For commercial work I would drive sheet pile or pinning rods to stabilize the foundation before digging. That seems like overkill for a small residential foundation. House would probably shake apart before the piles reached depth.


----------



## concretemasonry

The usual rule of thumb is that the excavation sould not be closer/below than a 45 dergree line outward from the bottom toe of the footings. Different soil types and moisture conditions will change this.

This is assuming the weight of the footings spreads out at 45 degrees (1:1) from the bottom toe, so you are not removing any soil that is carrying any load from the foundation wall.


----------



## Blas

Soil solidification under the existing footings if it is sandy. another way around it is underpinning the footing with grout or lean concrete. All these options are kinda pricey but necessary if you don't want the building in the hole with you.:laughing: (Soil solidification is basically a glue injected into the sand or sandy clay that hardens it like a rock. It can be applied by drilling and injecting or simply injecting during excavation.


----------



## rbsremodeling

Blas said:


> Soil solidification under the existing footings if it is sandy. another way around it is underpinning the footing with grout or lean concrete. All these options are kinda pricey but necessary if you don't want the building in the hole with you.:laughing: (Soil solidification is basically a glue injected into the sand or sandy clay that hardens it like a rock. It can be applied by drilling and injecting or simply injecting during excavation.


 
We do this in DC all the time. We lower basement floor 2-3 feet to make the basement useable. We dig out the dirt level to the existing footing, shoring up as necessary. Repour and secure all the corners. Then dig out 4 foot sections and underpin the existing footing all the way around the perimitter walls and then pour a new basement slab. It is very costly because we usually have to remove the dirt by hand. Six guys and a whole lot of home depot buckets and dumpsters of dirt.

Corners run about 2-3k and underpinning the foundation 200-300 LF plus the dirt removal to get down to footer depth


----------



## Blas

Yea underpinning is not fun at all. I always exclude it if I can :laughing:


----------



## tgeb

All the above advice is dead on.

I have done a few underpinning jobs. With engineers involved.

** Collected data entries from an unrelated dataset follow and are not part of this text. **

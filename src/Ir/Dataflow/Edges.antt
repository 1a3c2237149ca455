-- ===== src/Ir/Dataflow/Edges.antt =====
-- What the edges of `_build_data_overlays` (scanner/src/aegify/ir/program_graph.py) mean.
use aegify.Base.{
  ◌≡◌, ◌↔◌, refl, ap, true, String, List, [], ◌∷◌, map, Member, Member_of_str, str_of_Member,
  concat_map, concat_map-in, concat_map-out,
}
use aegify.Ir.Dataflow.Definitions.{Flow, Defs, at, reaching_definitions}
use aegify.Ir.Dataflow.Sets.{holds}
use aegify.Ir.Dataflow.Reaching.{Reaches, IsFlow, reaching_definitions-decides}
use aegify.Ir.Dataflow.Overlays.{DataNode, DataEdge, def_use_edge, def_use_edges, reaching}

map-in : {A B : Type 0} (g : A → B) (a : A) (xs : List A) → Member a xs → Member (g a) (map g xs)
map-in g a [] m = elim m [ ]
map-in g a (x ∷ xs) (Member.here p) = Member.here (ap g p)
map-in g a (x ∷ xs) (Member.there m) = Member.there (map-in g a xs m)

map-out :
    {A B : Type 0} (g : A → B) (b : B) (xs : List A)
    → Member b (map g xs)
    → (a : A) × Member a xs × (b ≡ g a)
map-out g b [] m = absurd (elim m [ ])
map-out g b (x ∷ xs) (Member.here p) = (x, Member.here refl, p)
map-out g b (x ∷ xs) (Member.there m) = let (a, n, q) = map-out g b xs m in (a, Member.there n, q)

name_of : DataNode → String
name_of (DataNode.statement n) = n
name_of (DataNode.data_state n v) = n
name_of (DataNode.phi n v) = n

-- The parts of an edge can be read off it.
same_parts :
    (n m v w d e : String) → def_use_edge n v d ≡ def_use_edge m w e → (n ≡ m) × (v ≡ w) × (d ≡ e)
unfolding name_of
same_parts n m v w d e p = (
  ap (λ (x : DataEdge). name_of x.target) p,
  ap (λ (x : DataEdge). x.variable) p,
  ap (λ (x : DataEdge). name_of x.source) p,
)

listed :
    (f : Flow) (s : Defs) (n v d : String)
    → Member (def_use_edge n v d) (def_use_edges f s)
    → Member v (f.uses n) × (holds d v (at n s.in_defs) ≡ true)
unfolding def_use_edges
listed f s n v d k =
    let (m, mm, in_m) = concat_map-out _ _ f.nodes k in
    let (w, mw, in_w) = concat_map-out _ _ (f.uses m) in_m in
    let (e, me, same) = map-out (def_use_edge m w) _ (reaching f s m w) in_w in
    let (pn, pv, pd) = same_parts n m v w d e same in
    (rw (pn, pv) mw, rw (pn, pv, pd) (str_of_Member e (reaching f s m w) me))

-- Where the loop converges, there is an edge from a definition of a variable to a node of the
-- function exactly when the node uses the variable and the definition reaches it.
pub def_use_edges-decide :
    (f : Flow) (d n v : String)
    → IsFlow f
    → Member n f.nodes
    → (reaching_definitions f).1 ≡ true
    → Member (def_use_edge n v d) (def_use_edges f (reaching_definitions f).0)
      ↔ (Member v (f.uses n) × Reaches f d v n)
unfolding def_use_edges
def_use_edges-decide f d n v w m h =
    let s = (reaching_definitions f).0 in
    let exact = reaching_definitions-decides f n d v w m h in
    (
      λ k. let (u, r) = listed f s n v d k in (u, exact.0 r),
      λ (u, r).
          concat_map-in
            (λ m. concat_map (λ x. map (def_use_edge m x) (reaching f s m x)) (f.uses m)) _ n
            f.nodes m
            (concat_map-in (λ x. map (def_use_edge n x) (reaching f s n x)) _ v (f.uses n) u
              (map-in (def_use_edge n v) d (reaching f s n v)
                (Member_of_str d (reaching f s n v) (exact.1 r)))),
    )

Excavate to within not more than a 45 degree angle, cut out sections not more than 4' wide. Place concrete footing and wall, or footing and masonry wall. Leave a 1-1/2" to 2" gap to be filled with dry packed non shrinking grout. 

Do the next 4' section.

In large areas we would have to break the job into no less than 3 phases sometimes 4. That is do 4', skip 8' or 12' to the next section.

It's a real pain, but it's fun!


----------



## Drbobp

rbsremodeling said:


> We do this in DC all the time. We lower basement floor 2-3 feet to make the basement useable. We dig out the dirt level to the existing footing, shoring up as necessary. Repour and secure all the corners. Then dig out 4 foot sections and underpin the existing footing all the way around the perimitter walls and then pour a new basement slab. It is very costly because we usually have to remove the dirt by hand. Six guys and a whole lot of home depot buckets and dumpsters of dirt.
> 
> Corners run about 2-3k and underpinning the foundation 200-300 LF plus the dirt removal to get down to footer depth


Thanks for the input guys. couple of follow up questions.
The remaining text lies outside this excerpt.